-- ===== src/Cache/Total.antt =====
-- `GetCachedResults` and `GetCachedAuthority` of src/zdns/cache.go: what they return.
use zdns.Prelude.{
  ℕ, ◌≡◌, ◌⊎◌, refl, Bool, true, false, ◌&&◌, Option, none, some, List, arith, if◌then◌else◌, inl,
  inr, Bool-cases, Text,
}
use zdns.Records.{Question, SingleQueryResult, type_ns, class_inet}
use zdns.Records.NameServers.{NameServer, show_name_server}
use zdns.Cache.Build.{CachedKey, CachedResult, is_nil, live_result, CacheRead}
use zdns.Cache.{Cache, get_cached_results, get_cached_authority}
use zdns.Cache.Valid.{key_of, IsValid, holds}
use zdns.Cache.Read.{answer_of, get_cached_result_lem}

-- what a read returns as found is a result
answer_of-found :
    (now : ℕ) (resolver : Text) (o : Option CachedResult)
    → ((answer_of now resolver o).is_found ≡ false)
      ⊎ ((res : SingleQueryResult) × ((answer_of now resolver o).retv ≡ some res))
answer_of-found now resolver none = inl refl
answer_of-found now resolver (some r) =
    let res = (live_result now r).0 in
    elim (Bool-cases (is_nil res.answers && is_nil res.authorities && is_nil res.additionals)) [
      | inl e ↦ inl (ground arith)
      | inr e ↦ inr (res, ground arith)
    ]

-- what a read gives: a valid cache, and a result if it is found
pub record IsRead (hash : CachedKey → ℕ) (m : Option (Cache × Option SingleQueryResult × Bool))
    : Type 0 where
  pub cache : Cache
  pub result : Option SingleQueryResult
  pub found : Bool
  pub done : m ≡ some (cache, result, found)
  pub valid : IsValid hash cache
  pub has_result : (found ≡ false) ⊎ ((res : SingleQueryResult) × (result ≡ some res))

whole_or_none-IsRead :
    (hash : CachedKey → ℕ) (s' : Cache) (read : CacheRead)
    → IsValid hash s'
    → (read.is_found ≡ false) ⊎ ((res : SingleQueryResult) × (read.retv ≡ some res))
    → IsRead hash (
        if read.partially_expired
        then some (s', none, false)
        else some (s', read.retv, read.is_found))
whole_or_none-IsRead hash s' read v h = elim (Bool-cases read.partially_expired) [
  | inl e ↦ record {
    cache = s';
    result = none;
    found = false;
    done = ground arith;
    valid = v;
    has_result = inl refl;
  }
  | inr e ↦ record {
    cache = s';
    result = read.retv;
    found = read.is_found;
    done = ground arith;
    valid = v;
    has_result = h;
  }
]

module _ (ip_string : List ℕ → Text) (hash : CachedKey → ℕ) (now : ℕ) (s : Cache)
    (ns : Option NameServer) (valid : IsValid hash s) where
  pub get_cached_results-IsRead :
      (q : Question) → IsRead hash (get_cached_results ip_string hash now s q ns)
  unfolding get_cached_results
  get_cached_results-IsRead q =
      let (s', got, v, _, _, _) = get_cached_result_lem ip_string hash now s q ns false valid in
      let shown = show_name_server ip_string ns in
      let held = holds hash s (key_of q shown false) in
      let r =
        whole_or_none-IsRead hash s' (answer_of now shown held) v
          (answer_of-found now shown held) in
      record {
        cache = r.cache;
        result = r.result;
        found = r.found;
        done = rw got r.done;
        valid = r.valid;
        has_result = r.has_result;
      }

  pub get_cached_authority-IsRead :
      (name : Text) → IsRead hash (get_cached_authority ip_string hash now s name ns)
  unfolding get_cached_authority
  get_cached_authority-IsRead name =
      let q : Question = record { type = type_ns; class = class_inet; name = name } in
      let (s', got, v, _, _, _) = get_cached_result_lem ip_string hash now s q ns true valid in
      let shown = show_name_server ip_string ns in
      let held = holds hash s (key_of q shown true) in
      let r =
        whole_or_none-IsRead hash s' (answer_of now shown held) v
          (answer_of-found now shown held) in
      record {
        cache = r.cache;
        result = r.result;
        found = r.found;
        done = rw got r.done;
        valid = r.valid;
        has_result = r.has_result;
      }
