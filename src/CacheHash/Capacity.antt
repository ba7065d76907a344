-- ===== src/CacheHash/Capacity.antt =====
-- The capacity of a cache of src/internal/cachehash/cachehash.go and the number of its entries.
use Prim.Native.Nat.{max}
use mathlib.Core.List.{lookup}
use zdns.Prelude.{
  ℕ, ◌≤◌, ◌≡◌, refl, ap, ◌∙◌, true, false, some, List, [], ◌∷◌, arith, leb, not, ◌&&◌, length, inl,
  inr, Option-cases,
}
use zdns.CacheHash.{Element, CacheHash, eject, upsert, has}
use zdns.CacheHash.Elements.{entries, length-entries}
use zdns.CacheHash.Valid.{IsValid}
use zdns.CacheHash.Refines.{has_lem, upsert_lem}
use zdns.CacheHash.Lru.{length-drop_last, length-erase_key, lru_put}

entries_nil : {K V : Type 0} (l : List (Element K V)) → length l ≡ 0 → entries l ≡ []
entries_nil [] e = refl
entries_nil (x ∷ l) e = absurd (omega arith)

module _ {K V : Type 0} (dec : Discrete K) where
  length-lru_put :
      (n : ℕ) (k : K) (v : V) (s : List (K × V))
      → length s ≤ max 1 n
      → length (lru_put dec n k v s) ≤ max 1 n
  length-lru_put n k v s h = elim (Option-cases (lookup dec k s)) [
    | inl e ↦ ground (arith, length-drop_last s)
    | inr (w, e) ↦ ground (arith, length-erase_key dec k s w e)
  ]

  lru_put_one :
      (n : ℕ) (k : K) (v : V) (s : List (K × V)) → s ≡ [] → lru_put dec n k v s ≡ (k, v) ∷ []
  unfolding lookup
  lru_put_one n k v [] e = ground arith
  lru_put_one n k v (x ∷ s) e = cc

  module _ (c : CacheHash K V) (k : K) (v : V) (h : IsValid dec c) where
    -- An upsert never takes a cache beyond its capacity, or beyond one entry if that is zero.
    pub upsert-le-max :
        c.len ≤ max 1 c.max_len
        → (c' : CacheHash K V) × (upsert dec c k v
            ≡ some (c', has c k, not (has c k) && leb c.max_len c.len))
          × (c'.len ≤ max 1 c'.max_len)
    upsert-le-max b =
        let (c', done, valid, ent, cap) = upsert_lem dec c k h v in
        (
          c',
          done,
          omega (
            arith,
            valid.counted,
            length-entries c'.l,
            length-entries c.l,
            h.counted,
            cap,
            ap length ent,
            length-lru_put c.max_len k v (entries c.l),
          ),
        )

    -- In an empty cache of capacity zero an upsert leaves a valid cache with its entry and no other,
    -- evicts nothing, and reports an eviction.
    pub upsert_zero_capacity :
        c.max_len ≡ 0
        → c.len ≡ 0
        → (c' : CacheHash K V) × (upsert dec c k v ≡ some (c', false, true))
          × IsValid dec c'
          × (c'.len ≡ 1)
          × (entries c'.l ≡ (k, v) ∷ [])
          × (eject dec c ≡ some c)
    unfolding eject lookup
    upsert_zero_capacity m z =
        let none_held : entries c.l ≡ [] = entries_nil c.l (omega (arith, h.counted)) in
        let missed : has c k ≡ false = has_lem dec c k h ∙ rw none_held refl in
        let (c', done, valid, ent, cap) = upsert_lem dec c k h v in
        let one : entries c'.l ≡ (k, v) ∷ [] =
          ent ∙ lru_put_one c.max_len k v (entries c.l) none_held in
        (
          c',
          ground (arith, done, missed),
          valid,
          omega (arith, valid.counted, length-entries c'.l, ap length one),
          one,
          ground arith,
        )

...

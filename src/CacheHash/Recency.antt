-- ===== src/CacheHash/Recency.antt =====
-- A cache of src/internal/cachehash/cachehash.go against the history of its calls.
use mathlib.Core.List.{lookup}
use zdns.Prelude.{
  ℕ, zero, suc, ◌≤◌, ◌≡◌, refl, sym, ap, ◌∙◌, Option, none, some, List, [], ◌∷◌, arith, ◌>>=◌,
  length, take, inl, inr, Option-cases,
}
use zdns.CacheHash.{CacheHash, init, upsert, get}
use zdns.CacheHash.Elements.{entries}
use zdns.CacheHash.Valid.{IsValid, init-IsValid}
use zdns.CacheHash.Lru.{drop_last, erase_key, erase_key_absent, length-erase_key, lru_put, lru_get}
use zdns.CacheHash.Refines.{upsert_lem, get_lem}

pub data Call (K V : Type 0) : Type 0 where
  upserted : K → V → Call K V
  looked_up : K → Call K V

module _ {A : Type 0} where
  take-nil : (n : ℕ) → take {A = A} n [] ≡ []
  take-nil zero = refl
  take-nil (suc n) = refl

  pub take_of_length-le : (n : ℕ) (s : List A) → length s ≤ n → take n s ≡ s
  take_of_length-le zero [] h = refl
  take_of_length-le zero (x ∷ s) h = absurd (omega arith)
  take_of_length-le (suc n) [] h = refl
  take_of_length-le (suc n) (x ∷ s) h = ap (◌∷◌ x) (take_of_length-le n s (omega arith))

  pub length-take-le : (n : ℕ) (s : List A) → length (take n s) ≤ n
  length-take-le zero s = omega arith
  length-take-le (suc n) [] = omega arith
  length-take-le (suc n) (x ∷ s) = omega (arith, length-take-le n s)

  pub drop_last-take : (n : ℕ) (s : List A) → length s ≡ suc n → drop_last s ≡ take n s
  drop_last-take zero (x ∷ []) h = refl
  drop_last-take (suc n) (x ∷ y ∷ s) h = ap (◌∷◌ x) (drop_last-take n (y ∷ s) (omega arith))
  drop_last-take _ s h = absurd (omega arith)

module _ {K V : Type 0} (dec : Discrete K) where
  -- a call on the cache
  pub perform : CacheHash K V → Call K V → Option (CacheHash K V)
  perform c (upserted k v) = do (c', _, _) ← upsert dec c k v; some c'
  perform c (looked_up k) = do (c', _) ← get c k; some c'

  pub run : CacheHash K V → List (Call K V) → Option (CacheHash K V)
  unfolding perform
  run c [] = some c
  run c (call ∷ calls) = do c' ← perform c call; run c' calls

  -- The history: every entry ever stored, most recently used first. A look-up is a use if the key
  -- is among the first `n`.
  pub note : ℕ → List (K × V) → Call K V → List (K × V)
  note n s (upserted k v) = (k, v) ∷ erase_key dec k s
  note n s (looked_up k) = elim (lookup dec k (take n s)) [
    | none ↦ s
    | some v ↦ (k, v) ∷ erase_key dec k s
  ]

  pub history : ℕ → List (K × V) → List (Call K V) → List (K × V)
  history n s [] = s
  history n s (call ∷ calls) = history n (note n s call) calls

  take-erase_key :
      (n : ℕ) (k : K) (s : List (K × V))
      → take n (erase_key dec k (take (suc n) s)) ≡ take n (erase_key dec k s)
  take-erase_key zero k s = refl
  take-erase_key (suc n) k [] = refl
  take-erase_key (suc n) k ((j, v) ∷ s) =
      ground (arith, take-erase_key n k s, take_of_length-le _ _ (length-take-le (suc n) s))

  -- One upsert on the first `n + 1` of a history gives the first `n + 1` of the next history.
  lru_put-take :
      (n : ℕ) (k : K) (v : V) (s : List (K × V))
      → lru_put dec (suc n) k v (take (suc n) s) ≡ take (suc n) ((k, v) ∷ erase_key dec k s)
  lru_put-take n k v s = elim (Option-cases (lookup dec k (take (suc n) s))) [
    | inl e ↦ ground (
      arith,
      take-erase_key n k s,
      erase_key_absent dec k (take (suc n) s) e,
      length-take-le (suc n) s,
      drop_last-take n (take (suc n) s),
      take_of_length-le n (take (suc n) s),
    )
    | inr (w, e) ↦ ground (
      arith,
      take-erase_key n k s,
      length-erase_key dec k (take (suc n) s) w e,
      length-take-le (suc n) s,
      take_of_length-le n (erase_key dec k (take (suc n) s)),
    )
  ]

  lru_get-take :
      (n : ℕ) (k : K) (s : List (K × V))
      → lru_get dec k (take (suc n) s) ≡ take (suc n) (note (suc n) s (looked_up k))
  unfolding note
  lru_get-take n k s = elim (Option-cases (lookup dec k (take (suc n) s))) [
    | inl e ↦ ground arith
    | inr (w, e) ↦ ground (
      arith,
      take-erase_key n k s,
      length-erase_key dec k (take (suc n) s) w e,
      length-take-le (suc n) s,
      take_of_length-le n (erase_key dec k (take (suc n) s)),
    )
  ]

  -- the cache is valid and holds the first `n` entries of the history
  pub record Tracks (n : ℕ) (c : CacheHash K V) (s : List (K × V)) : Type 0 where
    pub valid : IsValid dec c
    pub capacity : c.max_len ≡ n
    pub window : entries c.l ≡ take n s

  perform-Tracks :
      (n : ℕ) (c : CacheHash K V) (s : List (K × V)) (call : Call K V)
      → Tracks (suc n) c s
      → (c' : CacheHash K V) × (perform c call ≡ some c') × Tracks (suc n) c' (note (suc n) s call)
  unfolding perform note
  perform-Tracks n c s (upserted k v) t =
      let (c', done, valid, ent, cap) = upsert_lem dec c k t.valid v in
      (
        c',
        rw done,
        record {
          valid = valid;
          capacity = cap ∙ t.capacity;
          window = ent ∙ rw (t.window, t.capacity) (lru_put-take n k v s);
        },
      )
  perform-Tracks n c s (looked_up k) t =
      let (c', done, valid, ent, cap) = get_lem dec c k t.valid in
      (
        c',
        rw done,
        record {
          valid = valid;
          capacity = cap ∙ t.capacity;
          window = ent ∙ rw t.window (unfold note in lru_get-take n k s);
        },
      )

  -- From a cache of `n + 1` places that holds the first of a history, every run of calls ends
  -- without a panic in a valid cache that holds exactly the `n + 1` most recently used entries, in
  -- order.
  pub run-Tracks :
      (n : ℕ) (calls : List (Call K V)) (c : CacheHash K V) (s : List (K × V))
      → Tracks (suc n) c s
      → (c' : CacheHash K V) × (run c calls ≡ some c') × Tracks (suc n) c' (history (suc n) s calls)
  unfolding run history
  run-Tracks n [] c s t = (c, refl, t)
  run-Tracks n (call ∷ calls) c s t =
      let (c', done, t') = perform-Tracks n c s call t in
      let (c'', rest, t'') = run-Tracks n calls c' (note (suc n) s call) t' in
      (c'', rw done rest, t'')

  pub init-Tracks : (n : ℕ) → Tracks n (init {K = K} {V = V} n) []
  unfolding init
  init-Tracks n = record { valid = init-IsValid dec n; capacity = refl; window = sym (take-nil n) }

### Task objective
Reproduce only the lines above, starting at the line with "pub drop_last-take : (n" and ending at the line with "pub run : CacheHash", exactly as written.

### Answer for this exercise
  pub drop_last-take : (n : ℕ) (s : List A) → length s ≡ suc n → drop_last s ≡ take n s
  drop_last-take zero (x ∷ []) h = refl
  drop_last-take (suc n) (x ∷ y ∷ s) h = ap (◌∷◌ x) (drop_last-take n (y ∷ s) (omega arith))
  drop_last-take _ s h = absurd (omega arith)

module _ {K V : Type 0} (dec : Discrete K) where
  -- a call on the cache
  pub perform : CacheHash K V → Call K V → Option (CacheHash K V)
  perform c (upserted k v) = do (c', _, _) ← upsert dec c k v; some c'
  perform c (looked_up k) = do (c', _) ← get c k; some c'

  pub run : CacheHash K V → List (Call K V) → Option (CacheHash K V)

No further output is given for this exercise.